__Work request__.
Give back exactly the stretch of data below from the line holding "module _ (k : Kernel) (t s" through the line holding "control_space-replaces kip_fpage k", both ends included, and leave the remaining lines out.

__Extracted material__.

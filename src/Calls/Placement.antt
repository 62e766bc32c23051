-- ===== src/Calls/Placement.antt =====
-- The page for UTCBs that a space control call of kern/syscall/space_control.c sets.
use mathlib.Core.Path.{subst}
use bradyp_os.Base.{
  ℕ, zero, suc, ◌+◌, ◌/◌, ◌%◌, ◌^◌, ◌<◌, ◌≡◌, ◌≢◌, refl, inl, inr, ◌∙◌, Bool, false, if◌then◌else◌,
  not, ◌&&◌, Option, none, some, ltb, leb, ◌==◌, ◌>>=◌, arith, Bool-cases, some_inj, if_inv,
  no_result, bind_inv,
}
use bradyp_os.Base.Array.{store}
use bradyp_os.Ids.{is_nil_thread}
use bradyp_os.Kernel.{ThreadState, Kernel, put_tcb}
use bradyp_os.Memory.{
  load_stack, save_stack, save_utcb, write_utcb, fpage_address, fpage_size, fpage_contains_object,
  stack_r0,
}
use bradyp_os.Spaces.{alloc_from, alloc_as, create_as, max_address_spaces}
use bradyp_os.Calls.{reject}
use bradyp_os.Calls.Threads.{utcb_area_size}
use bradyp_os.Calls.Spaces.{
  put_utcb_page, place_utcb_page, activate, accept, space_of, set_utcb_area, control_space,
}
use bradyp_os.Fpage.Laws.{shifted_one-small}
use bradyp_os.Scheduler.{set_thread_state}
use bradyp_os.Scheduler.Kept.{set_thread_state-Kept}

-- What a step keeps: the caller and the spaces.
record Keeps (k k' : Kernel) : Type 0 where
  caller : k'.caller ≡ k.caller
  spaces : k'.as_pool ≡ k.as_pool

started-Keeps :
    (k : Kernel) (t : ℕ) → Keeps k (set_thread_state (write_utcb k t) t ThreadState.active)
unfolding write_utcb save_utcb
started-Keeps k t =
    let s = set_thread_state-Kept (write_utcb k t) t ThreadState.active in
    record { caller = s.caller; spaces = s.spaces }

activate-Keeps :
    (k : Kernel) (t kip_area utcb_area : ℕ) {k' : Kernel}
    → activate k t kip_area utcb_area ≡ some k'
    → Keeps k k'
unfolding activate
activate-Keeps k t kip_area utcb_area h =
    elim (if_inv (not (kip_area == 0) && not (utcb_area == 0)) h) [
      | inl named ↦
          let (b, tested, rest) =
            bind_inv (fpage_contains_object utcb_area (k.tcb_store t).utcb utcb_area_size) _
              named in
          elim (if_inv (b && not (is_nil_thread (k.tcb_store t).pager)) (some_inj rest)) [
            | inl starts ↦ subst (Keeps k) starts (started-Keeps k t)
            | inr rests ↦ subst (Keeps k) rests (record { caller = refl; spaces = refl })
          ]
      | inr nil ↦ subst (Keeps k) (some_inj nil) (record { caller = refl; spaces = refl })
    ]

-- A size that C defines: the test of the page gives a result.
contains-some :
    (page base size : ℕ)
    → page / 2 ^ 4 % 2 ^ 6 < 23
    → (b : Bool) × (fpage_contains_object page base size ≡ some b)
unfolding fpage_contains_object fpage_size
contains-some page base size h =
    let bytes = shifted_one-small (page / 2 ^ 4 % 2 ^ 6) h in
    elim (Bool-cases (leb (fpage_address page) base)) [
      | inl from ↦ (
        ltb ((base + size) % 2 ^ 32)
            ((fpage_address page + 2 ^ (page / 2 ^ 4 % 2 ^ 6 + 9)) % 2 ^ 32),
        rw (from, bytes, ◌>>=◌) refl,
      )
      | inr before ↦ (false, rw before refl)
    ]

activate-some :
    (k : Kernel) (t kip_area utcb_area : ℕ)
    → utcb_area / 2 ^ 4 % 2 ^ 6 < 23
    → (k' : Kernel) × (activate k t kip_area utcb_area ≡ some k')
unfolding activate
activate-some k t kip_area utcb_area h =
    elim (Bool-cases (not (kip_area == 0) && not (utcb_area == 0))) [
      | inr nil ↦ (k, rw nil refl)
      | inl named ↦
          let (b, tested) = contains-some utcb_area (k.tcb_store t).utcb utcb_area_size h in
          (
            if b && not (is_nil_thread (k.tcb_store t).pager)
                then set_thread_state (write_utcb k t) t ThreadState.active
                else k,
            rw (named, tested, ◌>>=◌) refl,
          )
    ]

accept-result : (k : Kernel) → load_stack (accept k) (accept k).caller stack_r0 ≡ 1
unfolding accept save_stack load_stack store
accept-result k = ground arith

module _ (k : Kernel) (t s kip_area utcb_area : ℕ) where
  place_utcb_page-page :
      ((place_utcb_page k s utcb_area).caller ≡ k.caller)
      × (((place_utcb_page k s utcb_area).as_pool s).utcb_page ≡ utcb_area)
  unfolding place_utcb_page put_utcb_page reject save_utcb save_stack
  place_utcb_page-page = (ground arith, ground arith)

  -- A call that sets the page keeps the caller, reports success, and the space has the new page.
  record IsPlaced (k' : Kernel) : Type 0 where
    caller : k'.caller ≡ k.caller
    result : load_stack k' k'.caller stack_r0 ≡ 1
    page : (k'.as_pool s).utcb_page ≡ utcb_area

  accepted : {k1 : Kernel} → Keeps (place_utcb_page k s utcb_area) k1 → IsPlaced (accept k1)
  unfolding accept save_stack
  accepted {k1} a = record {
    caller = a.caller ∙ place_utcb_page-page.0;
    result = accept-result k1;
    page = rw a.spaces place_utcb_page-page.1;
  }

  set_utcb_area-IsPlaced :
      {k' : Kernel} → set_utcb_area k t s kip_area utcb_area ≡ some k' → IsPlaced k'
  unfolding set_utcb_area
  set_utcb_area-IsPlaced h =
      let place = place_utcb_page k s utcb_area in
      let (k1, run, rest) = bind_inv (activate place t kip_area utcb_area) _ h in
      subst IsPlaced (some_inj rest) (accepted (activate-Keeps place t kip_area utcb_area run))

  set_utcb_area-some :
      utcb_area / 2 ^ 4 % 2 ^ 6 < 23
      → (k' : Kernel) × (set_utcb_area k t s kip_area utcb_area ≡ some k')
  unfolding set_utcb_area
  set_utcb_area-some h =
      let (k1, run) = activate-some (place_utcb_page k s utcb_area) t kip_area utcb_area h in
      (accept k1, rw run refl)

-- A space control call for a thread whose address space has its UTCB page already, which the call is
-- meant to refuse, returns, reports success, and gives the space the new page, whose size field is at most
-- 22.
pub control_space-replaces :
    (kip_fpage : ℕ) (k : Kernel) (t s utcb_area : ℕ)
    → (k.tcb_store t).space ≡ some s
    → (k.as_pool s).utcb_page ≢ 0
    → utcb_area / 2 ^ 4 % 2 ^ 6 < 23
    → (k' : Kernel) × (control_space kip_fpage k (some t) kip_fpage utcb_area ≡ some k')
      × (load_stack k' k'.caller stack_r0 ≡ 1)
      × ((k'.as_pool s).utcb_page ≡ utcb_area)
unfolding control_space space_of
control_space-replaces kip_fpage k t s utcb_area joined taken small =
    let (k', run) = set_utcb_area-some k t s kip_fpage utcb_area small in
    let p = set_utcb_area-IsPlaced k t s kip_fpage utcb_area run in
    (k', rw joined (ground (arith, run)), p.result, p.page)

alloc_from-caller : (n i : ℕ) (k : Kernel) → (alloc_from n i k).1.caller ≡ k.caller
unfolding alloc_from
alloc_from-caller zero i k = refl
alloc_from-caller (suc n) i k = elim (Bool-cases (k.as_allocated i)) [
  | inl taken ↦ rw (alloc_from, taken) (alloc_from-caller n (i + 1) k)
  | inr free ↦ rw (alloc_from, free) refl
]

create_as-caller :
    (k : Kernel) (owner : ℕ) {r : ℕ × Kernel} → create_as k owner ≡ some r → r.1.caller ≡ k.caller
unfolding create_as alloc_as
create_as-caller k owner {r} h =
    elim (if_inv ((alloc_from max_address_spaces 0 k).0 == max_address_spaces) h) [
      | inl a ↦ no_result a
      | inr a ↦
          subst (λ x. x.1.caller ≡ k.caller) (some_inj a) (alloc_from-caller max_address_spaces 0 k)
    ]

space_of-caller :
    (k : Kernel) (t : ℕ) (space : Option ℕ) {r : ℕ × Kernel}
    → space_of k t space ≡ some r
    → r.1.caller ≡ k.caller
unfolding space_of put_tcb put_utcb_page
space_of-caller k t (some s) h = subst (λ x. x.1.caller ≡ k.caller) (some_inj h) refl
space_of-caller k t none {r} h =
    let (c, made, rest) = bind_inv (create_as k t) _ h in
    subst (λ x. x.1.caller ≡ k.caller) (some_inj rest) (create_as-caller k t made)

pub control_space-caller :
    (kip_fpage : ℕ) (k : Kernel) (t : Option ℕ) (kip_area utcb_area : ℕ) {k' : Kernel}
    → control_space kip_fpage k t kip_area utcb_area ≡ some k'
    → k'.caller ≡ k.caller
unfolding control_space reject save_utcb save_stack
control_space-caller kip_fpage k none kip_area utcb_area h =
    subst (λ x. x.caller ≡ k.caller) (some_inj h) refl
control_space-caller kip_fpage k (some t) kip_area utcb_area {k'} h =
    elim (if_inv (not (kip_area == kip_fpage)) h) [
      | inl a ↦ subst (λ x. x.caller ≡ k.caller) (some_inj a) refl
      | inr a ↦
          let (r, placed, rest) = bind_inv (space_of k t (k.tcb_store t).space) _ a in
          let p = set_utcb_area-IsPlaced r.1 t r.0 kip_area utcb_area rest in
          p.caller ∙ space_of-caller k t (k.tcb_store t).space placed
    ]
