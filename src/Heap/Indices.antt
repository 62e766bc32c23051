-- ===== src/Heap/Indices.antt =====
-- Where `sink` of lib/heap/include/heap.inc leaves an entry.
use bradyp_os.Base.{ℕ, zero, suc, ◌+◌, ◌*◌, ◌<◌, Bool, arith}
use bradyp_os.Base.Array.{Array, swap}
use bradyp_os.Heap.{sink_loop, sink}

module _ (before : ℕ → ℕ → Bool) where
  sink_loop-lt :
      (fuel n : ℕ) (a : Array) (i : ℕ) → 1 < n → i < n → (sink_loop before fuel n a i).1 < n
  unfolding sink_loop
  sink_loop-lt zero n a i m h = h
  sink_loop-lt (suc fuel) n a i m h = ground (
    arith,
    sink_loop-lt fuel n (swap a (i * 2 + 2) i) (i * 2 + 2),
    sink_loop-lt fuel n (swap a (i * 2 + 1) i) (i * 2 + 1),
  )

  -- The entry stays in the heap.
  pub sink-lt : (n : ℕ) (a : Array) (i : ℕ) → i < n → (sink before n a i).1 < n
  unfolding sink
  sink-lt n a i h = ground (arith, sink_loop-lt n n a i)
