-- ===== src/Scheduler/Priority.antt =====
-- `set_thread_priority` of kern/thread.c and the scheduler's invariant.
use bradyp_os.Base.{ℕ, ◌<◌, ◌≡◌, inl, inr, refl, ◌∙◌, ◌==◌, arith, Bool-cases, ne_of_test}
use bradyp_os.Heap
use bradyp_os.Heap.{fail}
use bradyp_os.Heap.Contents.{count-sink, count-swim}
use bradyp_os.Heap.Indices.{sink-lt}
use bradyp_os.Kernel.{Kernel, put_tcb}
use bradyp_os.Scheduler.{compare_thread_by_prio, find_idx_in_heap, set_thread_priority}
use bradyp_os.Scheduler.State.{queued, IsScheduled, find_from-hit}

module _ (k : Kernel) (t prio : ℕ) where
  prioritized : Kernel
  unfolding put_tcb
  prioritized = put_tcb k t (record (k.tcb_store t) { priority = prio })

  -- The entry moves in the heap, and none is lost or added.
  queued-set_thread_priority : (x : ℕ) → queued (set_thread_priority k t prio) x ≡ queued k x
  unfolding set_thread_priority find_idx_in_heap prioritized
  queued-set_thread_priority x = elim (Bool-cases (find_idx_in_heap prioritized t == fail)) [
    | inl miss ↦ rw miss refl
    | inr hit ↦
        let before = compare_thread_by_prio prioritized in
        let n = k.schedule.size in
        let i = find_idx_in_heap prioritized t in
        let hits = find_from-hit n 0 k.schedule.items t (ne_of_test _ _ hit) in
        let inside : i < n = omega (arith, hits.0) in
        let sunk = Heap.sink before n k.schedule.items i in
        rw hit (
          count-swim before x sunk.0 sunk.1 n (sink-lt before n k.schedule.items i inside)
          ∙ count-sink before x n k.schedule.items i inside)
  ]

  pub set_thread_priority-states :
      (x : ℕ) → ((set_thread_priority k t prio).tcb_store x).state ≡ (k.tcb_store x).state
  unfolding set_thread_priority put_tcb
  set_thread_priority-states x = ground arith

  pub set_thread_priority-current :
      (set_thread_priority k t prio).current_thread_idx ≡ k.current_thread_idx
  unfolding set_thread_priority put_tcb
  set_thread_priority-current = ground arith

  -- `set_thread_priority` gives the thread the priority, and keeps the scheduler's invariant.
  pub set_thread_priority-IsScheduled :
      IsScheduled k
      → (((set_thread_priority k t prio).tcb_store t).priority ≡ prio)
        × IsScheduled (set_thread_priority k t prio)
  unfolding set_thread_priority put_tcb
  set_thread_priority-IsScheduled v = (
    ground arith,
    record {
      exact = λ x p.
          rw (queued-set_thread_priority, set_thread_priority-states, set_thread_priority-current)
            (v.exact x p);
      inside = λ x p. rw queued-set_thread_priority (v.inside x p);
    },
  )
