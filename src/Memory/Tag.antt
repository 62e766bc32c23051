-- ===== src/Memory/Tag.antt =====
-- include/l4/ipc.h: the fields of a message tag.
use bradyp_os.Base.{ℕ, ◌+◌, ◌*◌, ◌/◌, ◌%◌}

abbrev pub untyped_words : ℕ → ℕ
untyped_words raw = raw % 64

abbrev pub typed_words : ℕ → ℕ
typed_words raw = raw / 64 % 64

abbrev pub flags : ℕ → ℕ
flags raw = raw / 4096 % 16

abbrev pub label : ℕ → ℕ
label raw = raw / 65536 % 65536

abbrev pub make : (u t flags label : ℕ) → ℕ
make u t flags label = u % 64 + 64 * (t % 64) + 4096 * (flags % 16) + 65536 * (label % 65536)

__Written response__.
module _ (k : Kernel) (t s kip_area utcb_area : ℕ) where
  place_utcb_page-page :
      ((place_utcb_page k s utcb_area).caller ≡ k.caller)
      × (((place_utcb_page k s utcb_area).as_pool s).utcb_page ≡ utcb_area)
  unfolding place_utcb_page put_utcb_page reject save_utcb save_stack
  place_utcb_page-page = (ground arith, ground arith)

  -- A call that sets the page keeps the caller, reports success, and the space has the new page.
  record IsPlaced (k' : Kernel) : Type 0 where
    caller : k'.caller ≡ k.caller
    result : load_stack k' k'.caller stack_r0 ≡ 1
    page : (k'.as_pool s).utcb_page ≡ utcb_area

  accepted : {k1 : Kernel} → Keeps (place_utcb_page k s utcb_area) k1 → IsPlaced (accept k1)
  unfolding accept save_stack
  accepted {k1} a = record {
    caller = a.caller ∙ place_utcb_page-page.0;
    result = accept-result k1;
    page = rw a.spaces place_utcb_page-page.1;
  }

  set_utcb_area-IsPlaced :
      {k' : Kernel} → set_utcb_area k t s kip_area utcb_area ≡ some k' → IsPlaced k'
  unfolding set_utcb_area
  set_utcb_area-IsPlaced h =
      let place = place_utcb_page k s utcb_area in
      let (k1, run, rest) = bind_inv (activate place t kip_area utcb_area) _ h in
      subst IsPlaced (some_inj rest) (accepted (activate-Keeps place t kip_area utcb_area run))

  set_utcb_area-some :
      utcb_area / 2 ^ 4 % 2 ^ 6 < 23
      → (k' : Kernel) × (set_utcb_area k t s kip_area utcb_area ≡ some k')
  unfolding set_utcb_area
  set_utcb_area-some h =
      let (k1, run) = activate-some (place_utcb_page k s utcb_area) t kip_area utcb_area h in
      (accept k1, rw run refl)

-- A space control call for a thread whose address space has its UTCB page already, which the call is
-- meant to refuse, returns, reports success, and gives the space the new page, whose size field is at most
-- 22.
pub control_space-replaces :
    (kip_fpage : ℕ) (k : Kernel) (t s utcb_area : ℕ)
    → (k.tcb_store t).space ≡ some s
    → (k.as_pool s).utcb_page ≢ 0
    → utcb_area / 2 ^ 4 % 2 ^ 6 < 23
    → (k' : Kernel) × (control_space kip_fpage k (some t) kip_fpage utcb_area ≡ some k')
      × (load_stack k' k'.caller stack_r0 ≡ 1)
      × ((k'.as_pool s).utcb_page ≡ utcb_area)
unfolding control_space space_of
control_space-replaces kip_fpage k t s utcb_area joined taken small =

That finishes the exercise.